Ferraro was "a pioneer in our country for justice and a more open society," former Vice President Walter Mondale told the Associated Press of his former running mate. "She broke a lot of molds, and it's a better country for what she did."

Palin also praised Ferraro, writing in a Facebook message that she "broke one huge barrier and then went on to break many more."

Ferraro's 1984 candidacy was seen as a potentially powerful weapon to turn the emerging "gender gap" of the 1980s to the advantage of the Democratic Party, which sought to regain the White House after Ronald Reagan's first term.

But her four-month campaign almost immediately hit rough waters. She was bashed by critics who questioned the finances of her husband, John Zaccaro, a Manhattan real estate developer. A devout Roman Catholic, she was repeatedly assailed by New York's archbishop, the late John J. O'Connor, for her views supporting abortion rights. She also endured insinuations of mob connections as the first Italian American on a national ticket.

"I was constantly being asked, 'Was it worth it?' Of course it was worth it!" she wrote in "Framing a Life, A Family Memoir," published in 1998. "My candidacy was a benchmark moment for women. No matter what anyone thought of me personally, or of the Mondale-Ferraro ticket, my candidacy had flung open the last door barring equality -- and that door led straight to the Oval Office."
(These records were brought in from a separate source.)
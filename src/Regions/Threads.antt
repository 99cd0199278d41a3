-- ===== src/Regions/Threads.antt =====
-- Threads that use the cache of crates/dma-libfabric/src/region_cache.rs, one locked operation
-- after another in any order. `leases` holds the clones that are not the registry's: those of
-- operands in flight, and of callers between two operations. By Rust's ownership a caller tracks
-- and drops only a clone that it has; it tracks an extent only for a registration that was mapped
-- over it, as crates/dma-libfabric/src/local_regions.rs does.
use vdma.Prelude.{
  ℕ, ◌<◌, ◌≡◌, List, [], ◌∷◌, ◌++◌, some, arith, count, length, count-append, ◌==◌, if◌then◌else◌,
}
use vdma.Regions.{
  MemoryRegion, Cache, new_registration, track, covering, invalidate, clear_domain, drop_lease,
}
use vdma.Regions.Leases.{held}
use vdma.Regions.Shape.{Mapped}
use vdma.Regions.Valid.{
  IsValid, empty, empty-IsValid, new_registration-IsValid, track-IsValid, covering-IsValid,
  invalidate-IsValid, clear_domain-IsValid, drop_lease-IsValid, IsValid-same, covering-Mapped,
}

pub record Process : Type 0 where
  pub cache : Cache
  pub leases : List ℕ

abbrev pub start : Process
start = record { cache = empty; leases = [] }

pub data Step : Process → Process → Type 0 where
  registers :
      (p : Process) (mr : MemoryRegion)
      → Step p (record {
        cache = (new_registration mr p.cache).1;
        leases = (new_registration mr p.cache).0 ∷ p.leases;
      })
  tracks :
      (p : Process) (base end d r : ℕ)
      → 0 < count r p.leases
      → Mapped p.cache.arcs.values d (base, record { end = end; registration = r })
      → Step p (record p { cache = track base end d r p.cache })
  covers :
      (p : Process) (start end d r : ℕ)
      → (covering start end d p.cache).0 ≡ some r
      → Step p (record { cache = (covering start end d p.cache).1; leases = r ∷ p.leases })
  invalidates :
      (p : Process) (start end : ℕ) → Step p (record p { cache = invalidate start end p.cache })
  clears : (p : Process) (d : ℕ) → Step p (record p { cache = clear_domain d p.cache })
  drops :
      (p : Process) (r : ℕ) (before after : List ℕ)
      → p.leases ≡ before ++ r ∷ after
      → Step p (record { cache = drop_lease r p.cache; leases = before ++ after })

pub data Reach (p : Process) : Process → Type 0 where
  here : Reach p p
  next : {q r : Process} → Reach p q → Step q r → Reach p r

Step-IsValid : {p q : Process} → Step p q → IsValid p.leases p.cache → IsValid q.leases q.cache
Step-IsValid (registers p mr) v = new_registration-IsValid mr p.leases p.cache v
Step-IsValid (tracks p base end d r h m) v = track-IsValid base end d r p.leases p.cache h m v
Step-IsValid (covers p start end d r h) v = covering-IsValid start end d r p.leases p.cache h v
Step-IsValid (invalidates p start end) v = invalidate-IsValid start end p.leases p.cache v
Step-IsValid (clears p d) v = clear_domain-IsValid d p.leases p.cache v
Step-IsValid (drops p r before after e) v = drop_lease-IsValid r (before ++ after) p.cache (
    IsValid-same p.leases (r ∷ before ++ after) p.cache
      (λ i. rw e (omega (arith, count-append i before (r ∷ after), count-append i before after))) v)

Reach-IsValid : {p q : Process} → IsValid p.leases p.cache → Reach p q → IsValid q.leases q.cache
Reach-IsValid v here = v
Reach-IsValid v (next r s) = Step-IsValid s (Reach-IsValid v r)

-- Whatever the threads do and in whatever order, a registration that was made has been closed
-- exactly once if neither the registry nor anyone else holds it, and never if one of them does.
pub closed-Reach :
    {p : Process} (r : ℕ)
    → Reach start p
    → r < length p.cache.arcs.values
    → count r p.cache.arcs.dropped
      ≡ (if count r (held p.cache.registry ++ p.leases) == 0 then 1 else 0)
closed-Reach {p} r reach made = ground (arith, (Reach-IsValid empty-IsValid reach).accounted r)

-- In every state that the threads reach, a registration that `covering` finds is mapped over the
-- operand on its domain, and stays open while the lease that comes with it is held: after any
-- steps at whose end somebody has the lease, it has not been closed.
pub covering-Reach :
    {p q : Process} (start' end d r : ℕ)
    → Reach start p
    → (covering start' end d p.cache).0 ≡ some r
    → Reach (record { cache = (covering start' end d p.cache).1; leases = r ∷ p.leases }) q
    → 0 < count r q.leases
    → Mapped p.cache.arcs.values d (start', record { end = end; registration = r })
      × (count r q.cache.arcs.dropped ≡ 0)
covering-Reach {p} {q} start' end d r reach found later held_on = (
  covering-Mapped start' end d r p.leases p.cache (Reach-IsValid empty-IsValid reach) found,
  ground (
    arith,
    count-append r (held q.cache.registry) q.leases,
    (Reach-IsValid
          (covering-IsValid start' end d r p.leases p.cache found
            (Reach-IsValid empty-IsValid reach))
          later).accounted
        r,
  ),
)
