-- ===== src/Regions/Tests.antt =====
-- Runs of the region cache on small inputs, and its theorems at such inputs.
use vdma.Prelude.{◌+◌, ◌≡◌, refl, inl, [], ◌∷◌, ◌++◌, some, none, arith, count, ◌==◌, if◌then◌else◌}
use vdma.Prelude.Int.{ℤ, pos, negsuc}
use vdma.Errors.{ok}
use vdma.Arc
use vdma.BTree.{insert, remove, last_upto, range_below}
use vdma.Regions.{
  MemoryRegion, Cache, new_registration, track, covering, invalidate, clear_domain, drop_lease,
}
use vdma.Regions.Leases.{held}
use vdma.Regions.Shape.{Mapped}
use vdma.Regions.Reclaim
use vdma.Regions.Track
use vdma.Regions.Valid.{IsValid, empty, empty-IsValid, new_registration-IsValid, track-IsValid}
use vdma.Regions.Threads.{
  Process, Step, registers, tracks, covers, invalidates, drops, Reach, here, next, start,
}
use vdma.Regions.Threads
use vdma.Regions.Operand.{
  CacheableSpan, LocalOperand, operand, operand_miss, filter_span, register, register_extent,
  contains, pin,
}
use vdma.Regions.Serve
use vdma.Regions.Pinned

program : Unit {0}
unfolding Arc.new Arc.clone Arc.release_all insert remove last_upto range_below new_registration
    track covering invalidate clear_domain drop_lease register operand operand_miss filter_span
    register_extent contains pin
program = tt

-- One extent of 4000 bytes on the domain 7, tracked, whose registration is still leased.
abbrev extent : MemoryRegion
extent = record { domain = 7; base = 1000; limit = 5000 }

abbrev registered : Cache
registered = (new_registration extent empty).1

abbrev tracked : Cache
tracked = track 1000 5000 7 0 registered

registered-IsValid : IsValid (0 ∷ []) registered
unfolding program
registered-IsValid = new_registration-IsValid extent [] empty empty-IsValid

extent-Mapped : Mapped registered.arcs.values 7 (1000, record { end = 5000; registration = 0 })
unfolding program
extent-Mapped = (record { memory_region = extent }, refl, refl, omega arith, omega arith)

tracked-IsValid : IsValid (0 ∷ []) tracked
tracked-IsValid =
    track-IsValid 1000 5000 7 0 (0 ∷ []) registered (omega arith) extent-Mapped registered-IsValid

-- freeing_one_value_deregisters_a_neighbour_that_is_still_in_flight: the entry goes, the lease
-- keeps the registration open, and the last holder closes it.
neighbour_freed :
    ((covering 1200 1300 7 tracked).0 ≡ some 0)
    × ((covering 1200 1300 7 (invalidate 4000 4100 tracked)).0 ≡ none)
    × ((invalidate 4000 4100 tracked).arcs.dropped ≡ [])
    × ((drop_lease 0 (invalidate 4000 4100 tracked)).arcs.dropped ≡ 0 ∷ [])
unfolding program
neighbour_freed = (refl, refl, refl, refl)

covering-invalidate_example : (covering 1200 1300 7 (invalidate 1250 9000 tracked)).0 ≡ none
covering-invalidate_example =
    Reclaim.covering-invalidate 1250 9000 1200 1300 7 tracked tracked-IsValid.shaped.sorted
      (omega arith) (omega arith)

covering-invalidate_apart_example :
    (covering 1200 1300 7 (invalidate 5000 6000 tracked)).0 ≡ (covering 1200 1300 7 tracked).0
unfolding program
covering-invalidate_apart_example =
    Reclaim.covering-invalidate_apart 5000 6000 1200 1300 7 tracked
      ((1000, record { end = 5000; registration = 0 }) ∷ [])
      (1000, record { end = 5000; registration = 0 }) tracked-IsValid.shaped.sorted
      (refl, refl, omega arith, omega arith) (inl (omega arith))

covering-clear_domain_example :
    (covering 1200 1300 8 (clear_domain 7 tracked)).0
    ≡ (if 8 == 7 then none else (covering 1200 1300 8 tracked).0)
covering-clear_domain_example =
    Reclaim.covering-clear_domain 7 1200 1300 8 tracked tracked-IsValid.shaped.distinct

covering-track_example : (covering 2000 2100 7 (track 1000 5000 7 0 registered)).0 ≡ some 0
unfolding program
covering-track_example =
    Track.covering-track 1000 5000 7 0 2000 2100 registered tt tt (omega arith) (omega arith)

-- A thread registers and tracks the extent, another reclaims it, and the first lets go.
abbrev leased : Process
leased = record { cache = tracked; leases = 0 ∷ [] }

abbrev let_go : Process
let_go = record { cache = drop_lease 0 (invalidate 0 2000 tracked); leases = [] }

leased-Reach : Reach start leased
unfolding program
leased-Reach = next (next here (registers start extent)) (
    tracks (record { cache = registered; leases = 0 ∷ [] }) 1000 5000 7 0 (omega arith)
      extent-Mapped)

let_go-Reach : Reach start let_go
let_go-Reach =
    next (next leased-Reach (invalidates leased 0 2000))
      (drops (record { cache = invalidate 0 2000 tracked; leases = 0 ∷ [] }) 0 [] [] refl)

closed-Reach_example :
    count 0 let_go.cache.arcs.dropped
    ≡ (if count 0 (held let_go.cache.registry ++ let_go.leases) == 0 then 1 else 0)
unfolding program
closed-Reach_example = Threads.closed-Reach {p = let_go} 0 let_go-Reach (omega arith)

abbrev covered : Process
covered = record { cache = (covering 1200 1300 7 tracked).1; leases = 0 ∷ 0 ∷ [] }

covering-Reach_example :
    Mapped tracked.arcs.values 7 (1200, record { end = 1300; registration = 0 })
    × (count 0 (invalidate 0 2000 covered.cache).arcs.dropped ≡ 0)
unfolding program
covering-Reach_example =
    Threads.covering-Reach {p = leased}
      {q = record { cache = invalidate 0 2000 covered.cache; leases = 0 ∷ 0 ∷ [] }} 1200 1300 7 0
      leased-Reach refl (next here (invalidates covered 0 2000)) (omega arith)

-- A provider that registers everything, and one that takes no more than a page.
abbrev willing : MemoryRegion → ℤ
willing mr = pos 0

abbrev page_only : MemoryRegion → ℤ
page_only mr = if mr.limit == mr.base + 4096 then pos 0 else negsuc 11

abbrev wide : CacheableSpan
wide = record { base = 65536; end = 131072 }

operand_total_example :
    (o : LocalOperand) × ((operand 7 page_only 69632 4096 (some wide) tracked).0 ≡ ok o)
operand_total_example =
    Serve.operand_total 7 page_only 69632 4096 (some wide) tracked (omega arith) refl

operand-IsServed_example :
    Serve.IsServed 7 willing 69632 73728
      (0 ∷ [])
      (record { descriptor = some 1; lease = some 1 })
      (operand 7 willing 69632 4096 (some wide) tracked).1
unfolding program
operand-IsServed_example =
    Serve.operand-IsServed 7 willing 69632 4096 (some wide) (0 ∷ []) tracked
      (operand 7 willing 69632 4096 (some wide) tracked).1
      (record { descriptor = some 1; lease = some 1 }) tracked-IsValid refl

-- a_pinned_span_serves_the_operands_inside_it
operand-pin_example :
    (operand 7 page_only 6000 100 none (pin 7 willing 5500 2000 tracked).1).0
    ≡ ok (record { descriptor = some 1; lease = some 1 })
unfolding program
operand-pin_example =
    Pinned.operand-pin 7 willing page_only 5500 2000 6000 100 none (0 ∷ []) tracked
      (pin 7 willing 5500 2000 tracked).1 tracked-IsValid refl (inl (omega arith), tt) (omega arith)
      (omega arith)

covering-pin_shadowed_example : (covering 5500 5600 7 (pin 7 willing 500 9000 tracked).1).0 ≡ none
unfolding program
covering-pin_shadowed_example =
    Pinned.covering-pin_shadowed 7 willing 500 9000 5500 100 1000
      (record { end = 5000; registration = 0 }) (0 ∷ []) tracked (pin 7 willing 500 9000 tracked).1
      tracked-IsValid refl refl (inl (omega arith), tt) (omega arith) (omega arith) (omega arith)
      (omega arith)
Her nomination astonished some of the most stalwart feminists. Among them was Ms. magazine founder Gloria Steinem, who had predicted that 1984 would be the year that politicians talked seriously about putting a woman on the national ticket, not "the year they actually did it."

Over the next two decades, other women achieved milestones in national politics. Janet Reno became U.S. attorney general, Madeleine Albright was named secretary of State, and Nancy Pelosi became speaker of the House.

Their path was eased by Ferraro, who believed that a childhood tragedy set up her moment in history.

"I've often said that if my father hadn't died, I might not have done anything," Ferraro once told Steinem in an interview. "I saw my mother left suddenly with kids and no money.... I wanted to be able to take care of myself and not miss a beat."

Born Aug. 26, 1935, in Newburgh, N.Y., she was the pampered daughter of Antonetta and Dominick Ferraro, Italian immigrants who had lost a son, Gerard, in a car crash and were so overjoyed at her birth a few years later that they named her Geraldine, in memory of him.

Dominick Ferraro ran a successful restaurant in Newburgh. When business fell on hard times, he turned to running a numbers game and was arrested. On the morning he was to appear in court, he died of an apparent heart attack. Ferraro was 8.

She became seriously anemic -- doctors told her she had internalized her grief -- and was unable to attend school for months. Strapped for money, her mother moved the family to a cramped Bronx apartment and took a job as a crochet beader. By scrimping on meat and other luxuries, she managed to send Ferraro to Marymount, an exclusive parochial school in Tarrytown, N.Y., and later to Marymount Manhattan College.

Ferraro graduated and became an elementary school teacher in Queens. At night she put herself through Fordham Law School, one of two women in a class of 179 whose professors resented her for "taking a man's rightful place."

Years later, when she was raising three children of her own and finally had begun to practice law, Ferraro split her legal fees with her mother and kept her maiden name in tribute.